#### EXERCISE INSTRUCTIONS:
For the records below, output each line exactly as it appears, from the first through the line with "-- What the loop creates was not there.".

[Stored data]
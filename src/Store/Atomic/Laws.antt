-- ===== src/Store/Atomic/Laws.antt =====
-- A file is replaced whole or not at all, and what can be left behind.
use zhuzhbox_cli.Base.{
  ℕ, zero, suc, ◌+◌, ◌≡◌, inl, inr, Bool, true, not, ◌&&◌, none, some, arith, if◌then◌else◌, Bytes,
  str_eq, str_eq_iff, subst, sym, Bool-cases, refl, if_holds, Option,
}
use zhuzhbox_cli.Error.{Status, is_ok}
use zhuzhbox_cli.Store.Atomic.{
  Files, write, Disk, Attempt, create_new, find_temp, remove_temp, finish, after_attempts,
  atomic_write,
}

module _ {Text : Type 0} where
  create_new-free :
      (d : Disk) (fs : Files Text) (i : ℕ) → create_new d fs i ≡ true → fs (d.temp_name i) ≡ none
  unfolding create_new
  create_new-free d fs i h = ground arith

  -- What the loop creates was not there.
  abbrev pub WasFree : Disk → Files Text → Attempt → Type 0
  WasFree d fs (Attempt.created k) = fs (d.temp_name k) ≡ none
  WasFree d fs _ = Unit

  pub find_temp-WasFree :
      (d : Disk) (fs : Files Text) (left i : ℕ) → WasFree d fs (find_temp d fs left i)
  unfolding find_temp
  find_temp-WasFree d fs zero i = tt
  find_temp-WasFree d fs (suc left) i =
      if_holds (WasFree d fs) (not (d.temp_name_ok i)) _ _ (λ e. tt)
        (λ e.
          if_holds (WasFree d fs) (create_new d fs i) _ _ (create_new-free d fs i)
            (λ f. find_temp-WasFree d fs left (i + 1)))

  -- A file other than the temporary one is seen as it was; the temporary name was free.
  other_than_temp :
      (fs : Files Text) (tmp other : Bytes)
      → fs tmp ≡ none
      → (if str_eq tmp other then none else fs other) ≡ fs other
  other_than_temp fs tmp other free = elim (Bool-cases (str_eq tmp other)) [
    | inl e ↦ rw e (subst (λ n. none ≡ fs n) ((str_eq_iff tmp other).0 e) (sym free))
    | inr e ↦ rw e
  ]

  abbrev pub replaced : Bool → Files Text → Bytes → Text → Bytes → Option Text
  replaced good fs path text other = if good && str_eq path other then some text else fs other

  finish_lem :
      (d : Disk) (fs : Files Text) (tmp path other : Bytes) (partial text : Text)
      → fs tmp ≡ none
      → let (after, rc) = finish d fs tmp path partial text in
        after other ≡ (
          if not (is_ok rc) && not d.remove_ok && str_eq tmp other
          then some partial
          else replaced (is_ok rc) fs path text other)
  unfolding finish remove_temp write
  finish_lem d fs tmp path other partial text free =
      ground (arith, other_than_temp fs tmp other free)

  -- Where memory and the directory are there, and one of the 32 attempts creates its temporary file, the
  -- target holds the new text afterwards exactly if the status is OK, and every other name what it held
  -- before; but where the write fails and the temporary file cannot be removed, that file stays.
  pub atomic_write_lem :
      (d : Disk) (fs : Files Text) (path other : Bytes) (partial text : Text) (i : ℕ)
      → d.path_ok ≡ true
      → d.mkdir_ok ≡ true
      → find_temp d fs 32 0 ≡ Attempt.created i
      → let (after, rc) = atomic_write d fs path partial text in
        after other ≡ (
          if not (is_ok rc) && not d.remove_ok && str_eq (d.temp_name i) other
          then some partial
          else replaced (is_ok rc) fs path text other)
  unfolding atomic_write after_attempts
  atomic_write_lem d fs path other partial text i named made at =
      rw (named, made, at)
        (finish_lem d fs (d.temp_name i) path other partial text
          (subst (WasFree d fs) at (find_temp-WasFree d fs 32 0)))

  -- Where memory and the directory are there and no attempt creates its file, the write fails with the IO
  -- status, whatever file of the last name was there is gone if it can be removed, and no other file changes.
  pub atomic_write_removes :
      (d : Disk) (fs : Files Text) (path other : Bytes) (partial text : Text)
      → d.path_ok ≡ true
      → d.mkdir_ok ≡ true
      → find_temp d fs 32 0 ≡ Attempt.none_created
      → ((atomic_write d fs path partial text).1 ≡ Status.io)
        × ((atomic_write d fs path partial text).0 other
            ≡ (if d.remove_ok && str_eq (d.temp_name 31) other then none else fs other))
  unfolding atomic_write after_attempts remove_temp write
  atomic_write_removes d fs path other partial text named made all_taken =
      rw (named, made, all_taken) (refl, ground arith)

  finish_ok :
      (d : Disk) (fs : Files Text) (tmp path other : Bytes) (partial text : Text)
      → fs tmp ≡ none
      → is_ok (finish d fs tmp path partial text).1 ≡ true
      → (finish d fs tmp path partial text).0 other ≡ replaced true fs path text other
  finish_ok d fs tmp path other partial text free good =
      ground (arith, good, finish_lem d fs tmp path other partial text free)

  -- A write that succeeds replaces the target and nothing else.
  pub atomic_write_ok :
      (d : Disk) (fs : Files Text) (path other : Bytes) (partial text : Text)
      → is_ok (atomic_write d fs path partial text).1 ≡ true
      → (atomic_write d fs path partial text).0 other ≡ replaced true fs path text other
  unfolding atomic_write after_attempts
  atomic_write_ok d fs path other partial text =
      if_holds
        (λ (x : Files Text × Status).
          is_ok x.1 ≡ true → x.0 other ≡ replaced true fs path text other)
        (not d.path_ok) _ _ (λ e g. cc)
        (λ e.
          if_holds
            (λ (x : Files Text × Status).
              is_ok x.1 ≡ true → x.0 other ≡ replaced true fs path text other)
            (not d.mkdir_ok) _ _ (λ f g. cc)
            (λ f. of_attempt (find_temp d fs 32 0) (find_temp-WasFree d fs 32 0)))
    where
      of_attempt :
          (a : Attempt)
          → WasFree d fs a
          → is_ok (after_attempts d fs path partial text a).1 ≡ true
          → (after_attempts d fs path partial text a).0 other ≡ replaced true fs path text other
      of_attempt Attempt.no_memory free g = cc
      of_attempt Attempt.none_created free g = cc
      of_attempt (Attempt.created i) free g =
          finish_ok d fs (d.temp_name i) path other partial text free g
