-- ===== src/Text/Filename.antt =====
-- src/util/str.c: the name of a file or a folder, made safe for any system. The buffer grows, and the
-- copies of the results succeed.
pub mod Laws
pub mod Safe
use Prim.Native.Nat.{bit_and}
use zhuzhbox_cli.Base.{
  ℕ, zero, suc, ◌+◌, ◌-◌, ◌*◌, Bool, true, false, not, ◌&&◌, ◌||◌, Option, none, some, List, [],
  ◌∷◌, ltb, ◌==◌, if◌then◌else◌, Bytes, codes, length, get_or, take,
}
use zhuzhbox_cli.Text.Utf8.{ascii_lower}

abbrev pub sanitized_max : ℕ
sanitized_max = 200

abbrev pub reserved_names : List Bytes
reserved_names =
    codes "CON"
    ∷ codes "PRN"
    ∷ codes "AUX"
    ∷ codes "NUL"
    ∷ codes "COM1"
    ∷ codes "COM2"
    ∷ codes "COM3"
    ∷ codes "COM4"
    ∷ codes "COM5"
    ∷ codes "COM6"
    ∷ codes "COM7"
    ∷ codes "COM8"
    ∷ codes "COM9"
    ∷ codes "LPT1"
    ∷ codes "LPT2"
    ∷ codes "LPT3"
    ∷ codes "LPT4"
    ∷ codes "LPT5"
    ∷ codes "LPT6"
    ∷ codes "LPT7"
    ∷ codes "LPT8"
    ∷ codes "LPT9"
    ∷ []

-- The name up to its first dot.
unfoldable pub before_dot : Bytes → Bytes
before_dot [] = []
before_dot (c ∷ cs) = let rest = before_dot cs in if c == 46 then [] else c ∷ rest

-- The comparison of two names of the same length, without case.
unfoldable pub same_letters : Bytes → Bytes → Bool
same_letters [] reserved = true
same_letters (c ∷ cs) [] = false
same_letters (c ∷ cs) (r ∷ rs) =
    let rest = same_letters cs rs in if not (ascii_lower c == ascii_lower r) then false else rest

unfoldable pub is_one_of : Bytes → List Bytes → Bool
unfolding same_letters
is_one_of base [] = false
is_one_of base (r ∷ rs) =
    let rest = is_one_of base rs in
    if not (length r == length base) then rest else if same_letters base r then true else rest

unfoldable pub is_reserved_device_name : Bytes → Bool
unfolding before_dot is_one_of
is_reserved_device_name name = is_one_of (before_dot name) reserved_names

abbrev pub is_separator : ℕ → Bool
is_separator c = c == 47 || c == 92 || c == 58

-- What follows the last separator, at `base` if there is none in what is left.
unfoldable pub leaf_from : Bytes → Bytes → Bytes
leaf_from base [] = base
leaf_from base (c ∷ cs) = leaf_from (if is_separator c then cs else base) cs

abbrev pub is_dropped : ℕ → Bool
is_dropped c =
    ltb c 32 || c == 127 || (c == 60 || c == 62 || c == 34 || c == 124 || c == 63 || c == 42)

unfoldable pub drop_forbidden : Bytes → Bytes
drop_forbidden [] = []
drop_forbidden (c ∷ cs) = let rest = drop_forbidden cs in if is_dropped c then rest else c ∷ rest

-- The cut of a long name, moved back from `cut` to the start of a sequence.
unfoldable pub cut_back : Bytes → ℕ → ℕ
cut_back s zero = 0
cut_back s (suc cut) =
    let back = cut_back s cut in if bit_and (get_or s (suc cut) 0) 192 == 128 then back else suc cut

unfoldable pub truncate : Bytes → Bytes
unfolding cut_back
truncate s = if ltb sanitized_max (length s) then take (cut_back s sanitized_max) s else s

-- The length that is left when the bytes at the end that pass the test are gone.
unfoldable pub trimmed_len : (ℕ → Bool) → Bytes → ℕ → ℕ
trimmed_len test s zero = 0
trimmed_len test s (suc len) =
    let less = trimmed_len test s len in if test (get_or s len 0) then less else suc len

abbrev pub is_dot_or_space : ℕ → Bool
is_dot_or_space c = c == 46 || c == 32

unfoldable pub strip_end : Bytes → Bytes
unfolding trimmed_len
strip_end s = take (trimmed_len is_dot_or_space s (length s)) s

unfoldable pub leading_dots : Bytes → ℕ
leading_dots [] = 0
leading_dots (c ∷ cs) = let rest = leading_dots cs in if c == 46 then rest + 1 else 0

-- What is left of a name, or the fallback in place of a name that is not to be used.
unfoldable pub name_or : Bytes → Bytes → Bytes
name_or stripped fallback =
    let out = if leading_dots stripped == length stripped then [] else stripped in
    if length out == 0 || is_reserved_device_name out then fallback else out

unfoldable pub sanitize_component : Option Bytes → Bytes → Bytes
sanitize_component none fallback = fallback
sanitize_component (some name) fallback =
    name_or (strip_end (truncate (drop_forbidden (leaf_from name name)))) fallback

unfoldable pub sanitize_filename : Option Bytes → Bytes
unfolding sanitize_component
sanitize_filename name = sanitize_component name (codes "download")

unfoldable pub sanitize_dirname : Option Bytes → Bytes
unfolding sanitize_component
sanitize_dirname name = sanitize_component name (codes "collection")
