-- ===== src/Store/Config.antt =====
-- src/store/config.c: the settings, where each came from, and the file and the environment that they are
-- read from. A key is one of the ten, so no index is out of range; a text in the record is never NULL. The
-- doubles of `zb_parse_size` and cJSON are parameters; copies succeed if `m.copy_ok`.
pub mod File
pub mod Laws
pub mod Precedence
pub mod Sources
pub mod Reading
use zhuzhbox_cli.Base.{
  ℕ, zero, suc, ◌+◌, ◌-◌, ◌*◌, ◌^◌, Bool, true, false, not, ◌&&◌, ◌||◌, Option, none, some, List,
  [], ◌∷◌, ltb, leb, ◌==◌, if◌then◌else◌, Bytes, codes, length, take,
}
use zhuzhbox_cli.Base.Int.{ℤ, pos, negsuc}
use zhuzhbox_cli.Error.{Status, Outcome, done, fail, ◌>>=◌}
use zhuzhbox_cli.Format.Time.{is_digit}
use zhuzhbox_cli.Format.Relative.{decimal}
use zhuzhbox_cli.Format.Size.{Doubles, is_either, parse_size}
use zhuzhbox_cli.Json.{
  CJson, json_get, json_as_u64, json_obj_set_str, json_obj_set_i64, json_obj_set_u64,
}
use zhuzhbox_cli.Store.Alloc.{Alloc}
use zhuzhbox_cli.Text.Filename.{trimmed_len}
use zhuzhbox_cli.Text.Utf8.{streq_from}

pub data Key : Type 0 where
  api_host download_host site_host concurrency bundle color progress single_shot single_shot_max
        resume :
      Key

pub data Source : Type 0 where
  by_default from_file from_env by_flag : Source

pub record Config : Type 0 where
  pub api_host : Bytes
  pub download_host : Bytes
  pub site_host : Bytes
  pub concurrency : ℤ
  pub bundle_default : ℤ
  pub color : ℤ
  pub progress : ℤ
  pub single_shot : ℤ
  pub single_shot_max : ℕ
  pub resume_default : ℤ
  pub src : Key → Source

abbrev pub all_keys : List Key
all_keys =
    Key.api_host ∷ Key.download_host ∷ Key.site_host ∷ Key.concurrency ∷ Key.bundle ∷ Key.color
    ∷ Key.progress ∷ Key.single_shot ∷ Key.single_shot_max ∷ Key.resume ∷ []

abbrev pub key_name : Key → Bytes
key_name Key.api_host = codes "apiHost"
key_name Key.download_host = codes "downloadHost"
key_name Key.site_host = codes "siteHost"
key_name Key.concurrency = codes "concurrency"
key_name Key.bundle = codes "bundle"
key_name Key.color = codes "color"
key_name Key.progress = codes "progress"
key_name Key.single_shot = codes "singleShot"
key_name Key.single_shot_max = codes "singleShotMax"
key_name Key.resume = codes "resume"

abbrev pub key_env : Key → Bytes
key_env Key.api_host = codes "ZHUZHBOX_API_HOST"
key_env Key.download_host = codes "ZHUZHBOX_DOWNLOAD_HOST"
key_env Key.site_host = codes "ZHUZHBOX_SITE_HOST"
key_env Key.concurrency = codes "ZHUZHBOX_CONCURRENCY"
key_env Key.bundle = codes "ZHUZHBOX_BUNDLE"
key_env Key.color = codes "ZHUZHBOX_COLOR"
key_env Key.progress = codes "ZHUZHBOX_PROGRESS"
key_env Key.single_shot = codes "ZHUZHBOX_SINGLE_SHOT"
key_env Key.single_shot_max = codes "ZHUZHBOX_SINGLE_SHOT_MAX"
key_env Key.resume = codes "ZHUZHBOX_RESUME"

unfoldable pub name_in : List Key → Bytes → Option Key
name_in [] name = none
name_in (key ∷ keys) name =
    let rest = name_in keys name in if streq_from name (key_name key) then some key else rest

-- `zb_config_key_index`
unfoldable pub config_key_index : Option Bytes → Option Key
unfolding name_in
config_key_index none = none
config_key_index (some name) = name_in all_keys name

abbrev pub source_name : Source → Bytes
source_name Source.by_default = codes "default"
source_name Source.from_file = codes "config file"
source_name Source.from_env = codes "environment"
source_name Source.by_flag = codes "flag"

-- The place of a key in the table.
abbrev pub key_index : Key → ℕ
key_index Key.api_host = 0
key_index Key.download_host = 1
key_index Key.site_host = 2
key_index Key.concurrency = 3
key_index Key.bundle = 4
key_index Key.color = 5
key_index Key.progress = 6
key_index Key.single_shot = 7
key_index Key.single_shot_max = 8
key_index Key.resume = 9

abbrev pub same_key : Key → Key → Bool
same_key a b = key_index a == key_index b

-- `cfg->src[index] = src`
abbrev pub sourced : Key → Source → Config → Config
sourced key source cfg = record cfg { src = λ k. if same_key key k then source else cfg.src k }

unfoldable pub defaults : Config
defaults = record {
  api_host = codes "https://api.zhuzhbox.fun";
  download_host = codes "https://dl.zhuzhbox.fun";
  site_host = codes "https://zhuzhbox.fun";
  concurrency = pos 3;
  bundle_default = pos 0;
  color = negsuc 0;
  progress = negsuc 0;
  single_shot = pos 1;
  single_shot_max = 20 * 1024 * 1024;
  resume_default = pos 0;
  src = λ k. Source.by_default;
}

-- `zb_config_defaults`
unfoldable pub config_defaults : Alloc → Outcome Config
unfolding defaults
config_defaults m = if m.copy_ok then done defaults else fail Status.nomem

abbrev pub is_slash : ℕ → Bool
is_slash c = c == 47

unfoldable pub normalize_host : Bytes → Bytes
unfolding trimmed_len
normalize_host value = take (trimmed_len is_slash value (length value)) value

abbrev pub put_host : Key → Bytes → Config → Config
put_host Key.api_host host cfg = record cfg { api_host = host }
put_host Key.download_host host cfg = record cfg { download_host = host }
put_host Key.site_host host cfg = record cfg { site_host = host }
put_host _ host cfg = cfg

abbrev pub put_int : Key → ℤ → Config → Config
put_int Key.concurrency v cfg = record cfg { concurrency = v }
put_int Key.bundle v cfg = record cfg { bundle_default = v }
put_int Key.color v cfg = record cfg { color = v }
put_int Key.progress v cfg = record cfg { progress = v }
put_int Key.single_shot v cfg = record cfg { single_shot = v }
put_int Key.resume v cfg = record cfg { resume_default = v }
put_int _ v cfg = cfg

unfoldable pub set_str : Alloc → Key → Bytes → Source → Config → Outcome Config
unfolding normalize_host
set_str m key [] source cfg = fail Status.usage
set_str m key (c ∷ cs) source cfg =
    if m.copy_ok
    then done (sourced key source (put_host key (normalize_host (c ∷ cs)) cfg))
    else fail Status.nomem

unfoldable pub parse_tri : Bytes → Option ℤ
parse_tri s =
    if streq_from s (codes "auto")
    then some (negsuc 0)
    else if is_either s (codes "on") (codes "yes") (codes "true")
        || streq_from s (codes "1")
        || streq_from s (codes "always")
    then some (pos 1)
    else if is_either s (codes "off") (codes "no") (codes "false")
        || streq_from s (codes "0")
        || streq_from s (codes "never")
    then some (pos 0)
    else none

abbrev not_auto : Option ℤ → Option ℤ
not_auto none = none
not_auto (some (negsuc n)) = none
not_auto (some (pos n)) = some (pos n)

unfoldable pub parse_bool : Bytes → Option ℤ
unfolding parse_tri
parse_bool s = not_auto (parse_tri s)

-- `strtol` in base ten, where it takes the whole text: blanks, a sign and digits; a value that `long`
-- cannot hold is its largest.
abbrev is_white : ℕ → Bool
is_white c = c == 32 || leb 9 c && leb c 13

unfoldable pub skip_white : Bytes → Bytes
skip_white [] = []
skip_white (c ∷ cs) = let rest = skip_white cs in if is_white c then rest else c ∷ cs

unfoldable pub all_digits : Bytes → ℕ → Option ℕ
all_digits [] v = some v
all_digits (c ∷ cs) v =
    let rest = all_digits cs (v * 10 + (c - 48)) in if is_digit c then rest else none

abbrev some_digits : Bytes → Option ℕ
some_digits [] = none
some_digits (c ∷ cs) = all_digits (c ∷ cs) 0

abbrev positive : Option ℕ → Option ℤ
positive none = none
positive (some n) = some (pos (if ltb n (2 ^ 63) then n else 2 ^ 63 - 1))

abbrev negative : Option ℕ → Option ℤ
negative none = none
negative (some zero) = some (pos 0)
negative (some (suc n)) = some (negsuc (if ltb n (2 ^ 63) then n else 2 ^ 63 - 1))

abbrev signed : Bytes → Option ℤ
signed [] = none
signed (c ∷ cs) =
    if c == 45
    then negative (some_digits cs)
    else if c == 43
    then positive (some_digits cs)
    else positive (some_digits (c ∷ cs))

unfoldable pub strtol_all : Bytes → Option ℤ
unfolding skip_white all_digits
strtol_all s = signed (skip_white s)

-- `concurrency must be between 1 and 16`
unfoldable pub parse_concurrency : Bytes → Option ℤ
unfolding strtol_all
parse_concurrency s = elim (strtol_all s) [
  | some (pos n) ↦ (if ltb n 1 || ltb 16 n then none else some (pos n))
  | _ ↦ none
]

abbrev pub set_int : Option ℤ → Key → Source → Config → Outcome Config
set_int none key source cfg = fail Status.usage
set_int (some v) key source cfg = done (sourced key source (put_int key v cfg))

abbrev pub set_size : Option ℕ → Source → Config → Outcome Config
set_size none source cfg = fail Status.usage
set_size (some n) source cfg =
    done (sourced Key.single_shot_max source (record cfg { single_shot_max = n }))

abbrev pub is_env : Source → Bool
is_env Source.from_env = true
is_env _ = false

module _ (f : Doubles) (m : Alloc) where
  unfoldable pub set_from_text : Key → Bytes → Source → Config → Outcome Config
  unfolding set_str parse_bool parse_tri parse_concurrency
  set_from_text Key.concurrency text source cfg =
      set_int (parse_concurrency text) Key.concurrency source cfg
  set_from_text Key.bundle text source cfg = set_int (parse_bool text) Key.bundle source cfg
  set_from_text Key.single_shot text source cfg =
      set_int (parse_bool text) Key.single_shot source cfg
  set_from_text Key.resume text source cfg = set_int (parse_bool text) Key.resume source cfg
  set_from_text Key.color text source cfg = set_int (parse_tri text) Key.color source cfg
  set_from_text Key.progress text source cfg = set_int (parse_tri text) Key.progress source cfg
  set_from_text Key.single_shot_max text source cfg = set_size (parse_size f (some text)) source cfg
  set_from_text key text source cfg = set_str m key text source cfg

  unfoldable pub key_set : Key → Bytes → Config → Outcome Config
  key_set key text cfg = set_from_text key text Source.by_flag cfg

  -- One round of the loop of `load_env`; `env` is the environment.
  abbrev pub set_env : (Bytes → Option Bytes) → Key → Config → Outcome Config
  set_env env key cfg = elim (env (key_env key)) [
    | none ↦ done cfg
    | some value ↦ set_from_text key value Source.from_env cfg
  ]

  unfoldable pub env_keys : (Bytes → Option Bytes) → List Key → Config → Outcome Config
  env_keys env [] cfg = done cfg
  env_keys env (key ∷ keys) cfg = set_env env key cfg >>= λ after. env_keys env keys after

  abbrev pub set_legacy : Option Bytes → Config → Outcome Config
  set_legacy none cfg = done cfg
  set_legacy (some legacy) cfg =
      if is_env (cfg.src Key.api_host)
      then done cfg
      else set_from_text Key.api_host legacy Source.from_env cfg

  unfoldable pub load_env : (Bytes → Option Bytes) → Config → Outcome Config
  unfolding env_keys
  load_env env cfg = env_keys env all_keys cfg >>= set_legacy (env (codes "ZHUZHBOX_API"))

#### EXERCISE ANSWER:
filename src/Store/Atomic/Laws.antt
-- ===== src/Store/Atomic/Laws.antt =====
-- A file is replaced whole or not at all, and what can be left behind.
use zhuzhbox_cli.Base.{
  ℕ, zero, suc, ◌+◌, ◌≡◌, inl, inr, Bool, true, not, ◌&&◌, none, some, arith, if◌then◌else◌, Bytes,
  str_eq, str_eq_iff, subst, sym, Bool-cases, refl, if_holds, Option,
}
use zhuzhbox_cli.Error.{Status, is_ok}
use zhuzhbox_cli.Store.Atomic.{
  Files, write, Disk, Attempt, create_new, find_temp, remove_temp, finish, after_attempts,
  atomic_write,
}

module _ {Text : Type 0} where
  create_new-free :
      (d : Disk) (fs : Files Text) (i : ℕ) → create_new d fs i ≡ true → fs (d.temp_name i) ≡ none
  unfolding create_new
  create_new-free d fs i h = ground arith

  -- What the loop creates was not there.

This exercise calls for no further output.